Perhaps one should leave that LIBS settings alone, and add LDFLAGS (it's weird that CFLAGS worked for you!) as follows:

sdh_configure LIBS="`pkg-config --libs-only-l cblas` -lm" LDFLAGS="$LDFLAGS `pkg-config --libs-only-L cblas`"

gsl builds but the sagelib package fails to build this way: ld: library not found for -lopenblas.

dimpase commented 2 years ago
comment:44

how about

--- a/.homebrew-build-env
+++ b/.homebrew-build-env
@@ -23,7 +23,7 @@ export PKG_CONFIG_PATH
 LIBRARY_PATH="$HOMEBREW/lib$LIBRARY_PATH"
 [ -z "$CPATH" ] || CPATH=":${CPATH}"
 CPATH="$HOMEBREW/include$CPATH"
-for l in readline bzip2 ntl; do
+for l in readline bzip2 ntl openblas; do
     if [ -d "$HOMEBREW/opt/$l/lib" ]; then
         LIBRARY_PATH="$HOMEBREW/opt/$l/lib:$LIBRARY_PATH"
     fi

i.e. change .homebrew-build-env as above, source it, and then run make build again.
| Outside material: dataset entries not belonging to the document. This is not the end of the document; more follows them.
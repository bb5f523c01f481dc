-- ===== src/Queue/Invariant.antt =====
-- qmanager/policies/base/queue_policy_base.hpp: the invariant of the pending side of a queue, and
-- what erasing and writing a pending job does to it.
pub mod Steps
pub mod Pop
pub mod Remove
pub mod Running
pub mod Provisional
pub mod Pending
use mathlib.Core.Path.{fun_ext}
use flux_sched.Common.{
  ℕ, ◌≡◌, ◌≢◌, refl, ◌⊎◌, inl, inr, true, false, Option, none, some, if◌then◌else◌, arith,
  Bool-cases, Option-cases,
}
use flux_sched.OrdMap.{same, same_iff, nat_key, find, erase, assign}
use flux_sched.OrdMap.Find.{find-erase, find-assign}
use flux_sched.OrdMap.Order.{IsSorted, erase-IsSorted}
use flux_sched.Queue.Job.{Job, JobState, PendingKey, get_key, is_pending, pending_key}
use flux_sched.Queue.State.{Queue}
use flux_sched.Queue.Pending.{Erased, missing, erase_pending_job, write_job}
use flux_sched.Queue.Ledger.{IsLedger, put, without, IsQuiet, drop_lem, touch_lem}
use flux_sched.Queue.Ledger.Add.{cong_lem, quiet_lem}

-- Each pending job has its entry in one of the three pending queues, each entry is that of a
-- pending job, and the queues are in order.
pub record IsValid (q : Queue) : Type 0 where
  pub ledger :
      IsLedger
        (λ k. find k q.pending)
        (λ k. find k q.blocked)
        (λ k. find k q.pending_provisional)
        (λ i. find i q.jobs)
        q.pq_cnt
  pub sorted_p : IsSorted q.pending
  pub sorted_b : IsSorted q.blocked
  pub sorted_v : IsSorted q.pending_provisional

without_free :
    (f : PendingKey → Option ℕ) (k : PendingKey)
    → f k ≡ none
    → (j : PendingKey) → f j ≡ without f k j
without_free f k h j = ground (arith, same_iff k j, h)

-- The entry under `k` is gone from every pending queue, and nothing else has changed.
pub record Erases (k : PendingKey) (q q' : Queue) : Type 0 where
  pub in_p : (j : PendingKey) → find j q'.pending ≡ without (λ i. find i q.pending) k j
  pub in_b : (j : PendingKey) → find j q'.blocked ≡ without (λ i. find i q.blocked) k j
  pub in_v :
      (j : PendingKey)
      → find j q'.pending_provisional ≡ without (λ i. find i q.pending_provisional) k j
  pub same_jobs : q'.jobs ≡ q.jobs
  pub same_count : q'.pq_cnt ≡ q.pq_cnt
  pub still_p : IsSorted q'.pending
  pub still_b : IsSorted q'.blocked
  pub still_v : IsSorted q'.pending_provisional

module _ {q : Queue} (valid : IsValid q) (k : PendingKey) where
  open valid use {ledger, sorted_p, sorted_b, sorted_v}

  pub erase_p :
      (id : ℕ) → find k q.pending ≡ some id → Erases k q (record q { pending = erase k q.pending })
  erase_p id e = record {
    in_p = λ j. find-erase k j q.pending;
    in_b = without_free (λ i. find i q.blocked) k (ledger.apart_pb k id e);
    in_v = without_free (λ i. find i q.pending_provisional) k (ledger.apart_pv k id e);
    same_jobs = refl;
    same_count = refl;
    still_p = erase-IsSorted k q.pending sorted_p;
    still_b = sorted_b;
    still_v = sorted_v;
  }

  erase_b :
      (id : ℕ)
      → find k q.pending ≡ none
      → find k q.blocked ≡ some id
      → Erases k q (record q { blocked = erase k q.blocked })
  erase_b id free e = record {
    in_p = without_free (λ i. find i q.pending) k free;
    in_b = λ j. find-erase k j q.blocked;
    in_v = without_free (λ i. find i q.pending_provisional) k (ledger.apart_bv k id e);
    same_jobs = refl;
    same_count = refl;
    still_p = sorted_p;
    still_b = erase-IsSorted k q.blocked sorted_b;
    still_v = sorted_v;
  }

  erase_v :
      find k q.pending ≡ none
      → find k q.blocked ≡ none
      → Erases k q (record q { pending_provisional = erase k q.pending_provisional })
  erase_v free free' = record {
    in_p = without_free (λ i. find i q.pending) k free;
    in_b = without_free (λ i. find i q.blocked) k free';
    in_v = λ j. find-erase k j q.pending_provisional;
    same_jobs = refl;
    same_count = refl;
    still_p = sorted_p;
    still_b = sorted_b;
    still_v = erase-IsSorted k q.pending_provisional sorted_v;
  }

-- In a valid state, erase_pending_job finds the entry of any pending job, in whichever queue it
-- stands, and erases that entry and nothing else.
pub erase_pending_job-Erases :
    {q : Queue}
    → IsValid q
    → (id : ℕ) (j : Job) → find id q.jobs ≡ some j
    → is_pending j.state ≡ true
    → Erases (get_key j) q (erase_pending_job (get_key j) q).0
      × ((erase_pending_job (get_key j) q).1 ≢ missing)
unfolding erase_pending_job
erase_pending_job-Erases {q} valid id j found pend =
    elim (Option-cases (find (get_key j) q.pending)) [
      | inr (i, e) ↦ rw (e, erase_pending_job) (erase_p valid (get_key j) i e, λ h. cc)
      | inl free ↦ elim (Option-cases (find (get_key j) q.blocked)) [
        | inr (i, e) ↦ rw (free, e, erase_pending_job) (erase_b valid (get_key j) i free e, λ h. cc)
        | inl free' ↦ elim (Option-cases (find (get_key j) q.pending_provisional)) [
          | inr (i, e) ↦
              rw (free, free', e, erase_pending_job) (erase_v valid (get_key j) free free', λ h. cc)
          | inl free'' ↦ absurd (ground (arith, valid.ledger.stored id j found pend))
        ]
      ]
    ]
jhpalmieri commented 2 years ago
comment:45

I'm really confused now.

dimpase commented 2 years ago
comment:46

probably "success" with gsl comes from it not using openblas at all. You can check by running otool -L

jhpalmieri commented 2 years ago
comment:47

% otool -L local/lib/libgsl.25.dylib returns the same thing in each of the two cases (edited to replace the actual path with $SAGE_ROOT):

% otool -L local/lib/libgsl.25.dylib 
local/lib/libgsl.25.dylib:
    $SAGE_ROOT/local/lib/libgsl.25.dylib (compatibility version 26.0.0, current version 26.0.0)
    /usr/local/opt/openblas/lib/libopenblas.0.dylib (compatibility version 0.0.0, current version 0.0.0)
    /usr/lib/libSystem.B.dylib (compatibility version 1.0.0, current version 1292.100.5)
jhpalmieri commented 2 years ago
comment:48

Same with otool -L local/lib/libgslcblas.0.dylib.